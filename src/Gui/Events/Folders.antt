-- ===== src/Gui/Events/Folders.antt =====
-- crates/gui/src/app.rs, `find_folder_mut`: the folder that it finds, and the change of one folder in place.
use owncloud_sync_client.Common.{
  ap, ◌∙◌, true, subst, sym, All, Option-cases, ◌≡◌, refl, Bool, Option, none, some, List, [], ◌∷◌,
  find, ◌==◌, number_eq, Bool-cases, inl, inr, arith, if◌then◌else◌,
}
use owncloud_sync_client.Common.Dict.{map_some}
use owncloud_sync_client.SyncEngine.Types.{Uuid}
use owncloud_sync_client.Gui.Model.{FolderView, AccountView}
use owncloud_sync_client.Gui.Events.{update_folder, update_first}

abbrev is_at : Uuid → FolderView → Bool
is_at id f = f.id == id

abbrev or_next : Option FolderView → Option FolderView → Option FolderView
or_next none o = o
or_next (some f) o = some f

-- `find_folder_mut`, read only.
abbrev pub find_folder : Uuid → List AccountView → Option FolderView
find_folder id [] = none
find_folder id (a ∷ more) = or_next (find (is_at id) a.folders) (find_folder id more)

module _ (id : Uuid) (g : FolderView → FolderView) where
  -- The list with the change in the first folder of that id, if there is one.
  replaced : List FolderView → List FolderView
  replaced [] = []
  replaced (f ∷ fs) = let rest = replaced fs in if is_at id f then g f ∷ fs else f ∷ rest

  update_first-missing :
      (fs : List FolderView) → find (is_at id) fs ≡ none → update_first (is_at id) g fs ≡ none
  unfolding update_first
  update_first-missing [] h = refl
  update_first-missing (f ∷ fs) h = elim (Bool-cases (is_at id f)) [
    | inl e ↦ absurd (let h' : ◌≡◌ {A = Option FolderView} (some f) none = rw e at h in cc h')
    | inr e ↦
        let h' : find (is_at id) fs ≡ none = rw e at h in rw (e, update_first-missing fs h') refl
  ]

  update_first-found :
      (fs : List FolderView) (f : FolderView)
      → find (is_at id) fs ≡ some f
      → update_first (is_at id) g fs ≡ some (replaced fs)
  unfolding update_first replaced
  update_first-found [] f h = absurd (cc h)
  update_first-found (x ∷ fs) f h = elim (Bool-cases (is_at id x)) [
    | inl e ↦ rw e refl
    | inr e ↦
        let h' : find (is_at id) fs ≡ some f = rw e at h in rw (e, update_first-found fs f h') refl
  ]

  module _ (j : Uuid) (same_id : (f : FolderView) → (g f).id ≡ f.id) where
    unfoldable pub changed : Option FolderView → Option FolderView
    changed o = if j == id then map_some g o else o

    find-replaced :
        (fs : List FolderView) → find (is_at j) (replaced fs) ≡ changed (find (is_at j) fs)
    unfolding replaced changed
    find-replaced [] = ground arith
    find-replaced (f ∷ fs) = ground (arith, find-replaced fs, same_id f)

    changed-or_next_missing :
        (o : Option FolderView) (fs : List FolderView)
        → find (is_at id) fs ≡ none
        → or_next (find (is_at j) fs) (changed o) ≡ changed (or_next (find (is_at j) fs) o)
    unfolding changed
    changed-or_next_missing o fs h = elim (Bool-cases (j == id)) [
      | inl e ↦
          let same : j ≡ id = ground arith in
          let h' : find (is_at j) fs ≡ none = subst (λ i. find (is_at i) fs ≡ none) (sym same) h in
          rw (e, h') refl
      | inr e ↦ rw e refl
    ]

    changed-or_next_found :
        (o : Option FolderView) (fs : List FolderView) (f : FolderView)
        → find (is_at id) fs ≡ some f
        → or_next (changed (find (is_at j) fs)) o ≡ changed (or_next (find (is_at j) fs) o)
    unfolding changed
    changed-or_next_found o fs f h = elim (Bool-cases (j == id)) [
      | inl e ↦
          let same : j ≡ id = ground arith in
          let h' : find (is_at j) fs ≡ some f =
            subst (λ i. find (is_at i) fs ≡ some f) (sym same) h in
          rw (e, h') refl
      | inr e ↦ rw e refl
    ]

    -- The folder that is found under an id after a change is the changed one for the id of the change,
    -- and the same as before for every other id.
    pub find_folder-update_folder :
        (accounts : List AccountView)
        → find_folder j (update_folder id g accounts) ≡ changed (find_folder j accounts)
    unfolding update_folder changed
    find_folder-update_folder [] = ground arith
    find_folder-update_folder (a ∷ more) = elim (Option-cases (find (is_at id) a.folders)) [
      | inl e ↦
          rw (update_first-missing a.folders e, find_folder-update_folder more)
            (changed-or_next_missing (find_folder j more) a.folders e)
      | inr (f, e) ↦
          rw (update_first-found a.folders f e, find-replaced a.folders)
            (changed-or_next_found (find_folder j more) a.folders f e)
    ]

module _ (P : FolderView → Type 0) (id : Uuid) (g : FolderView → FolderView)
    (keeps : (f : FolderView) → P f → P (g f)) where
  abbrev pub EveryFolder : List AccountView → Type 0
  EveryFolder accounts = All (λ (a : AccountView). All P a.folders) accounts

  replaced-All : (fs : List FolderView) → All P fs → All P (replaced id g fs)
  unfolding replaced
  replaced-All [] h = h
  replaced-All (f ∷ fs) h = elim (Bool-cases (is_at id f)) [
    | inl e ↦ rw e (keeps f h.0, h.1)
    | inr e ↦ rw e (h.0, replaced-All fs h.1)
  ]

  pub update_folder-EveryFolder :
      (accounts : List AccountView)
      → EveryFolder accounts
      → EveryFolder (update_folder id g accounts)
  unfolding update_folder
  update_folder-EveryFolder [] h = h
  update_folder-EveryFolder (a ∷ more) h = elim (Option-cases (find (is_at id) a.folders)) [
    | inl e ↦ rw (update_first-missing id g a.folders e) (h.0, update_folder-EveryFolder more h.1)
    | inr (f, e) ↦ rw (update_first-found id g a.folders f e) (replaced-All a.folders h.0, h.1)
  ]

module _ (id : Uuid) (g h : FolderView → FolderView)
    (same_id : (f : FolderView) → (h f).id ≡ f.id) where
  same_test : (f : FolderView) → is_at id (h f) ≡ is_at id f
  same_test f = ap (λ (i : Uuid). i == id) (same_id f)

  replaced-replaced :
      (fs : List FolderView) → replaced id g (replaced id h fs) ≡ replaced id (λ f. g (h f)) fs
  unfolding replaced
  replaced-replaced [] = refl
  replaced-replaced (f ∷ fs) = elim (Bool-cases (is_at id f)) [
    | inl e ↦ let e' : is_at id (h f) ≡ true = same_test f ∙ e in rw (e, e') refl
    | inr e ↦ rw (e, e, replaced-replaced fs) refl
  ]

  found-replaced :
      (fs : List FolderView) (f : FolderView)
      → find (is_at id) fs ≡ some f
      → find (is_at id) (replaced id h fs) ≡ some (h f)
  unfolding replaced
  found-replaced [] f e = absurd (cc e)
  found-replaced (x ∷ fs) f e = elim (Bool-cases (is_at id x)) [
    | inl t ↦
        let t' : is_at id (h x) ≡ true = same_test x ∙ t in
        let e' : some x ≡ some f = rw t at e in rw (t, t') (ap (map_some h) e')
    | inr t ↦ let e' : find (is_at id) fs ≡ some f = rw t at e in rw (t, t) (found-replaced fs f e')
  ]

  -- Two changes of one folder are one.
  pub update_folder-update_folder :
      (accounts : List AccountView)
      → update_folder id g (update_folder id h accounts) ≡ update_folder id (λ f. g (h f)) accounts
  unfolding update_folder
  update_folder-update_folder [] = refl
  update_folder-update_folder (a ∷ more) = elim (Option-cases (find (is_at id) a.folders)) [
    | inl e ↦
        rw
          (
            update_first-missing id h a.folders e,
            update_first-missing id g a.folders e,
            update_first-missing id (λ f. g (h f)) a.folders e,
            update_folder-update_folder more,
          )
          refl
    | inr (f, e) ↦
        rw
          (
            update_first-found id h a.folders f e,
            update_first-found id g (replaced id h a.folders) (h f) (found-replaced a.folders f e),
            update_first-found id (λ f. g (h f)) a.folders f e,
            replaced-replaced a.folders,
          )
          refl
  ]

- _Instructions to follow_
From the listing above, return every line that carries the string "arith".

- _Final answer_
  find, ◌==◌, number_eq, Bool-cases, inl, inr, arith, if◌then◌else◌,
    find-replaced [] = ground arith
    find-replaced (f ∷ fs) = ground (arith, find-replaced fs, same_id f)
          let same : j ≡ id = ground arith in
          let same : j ≡ id = ground arith in
    find_folder-update_folder [] = ground arith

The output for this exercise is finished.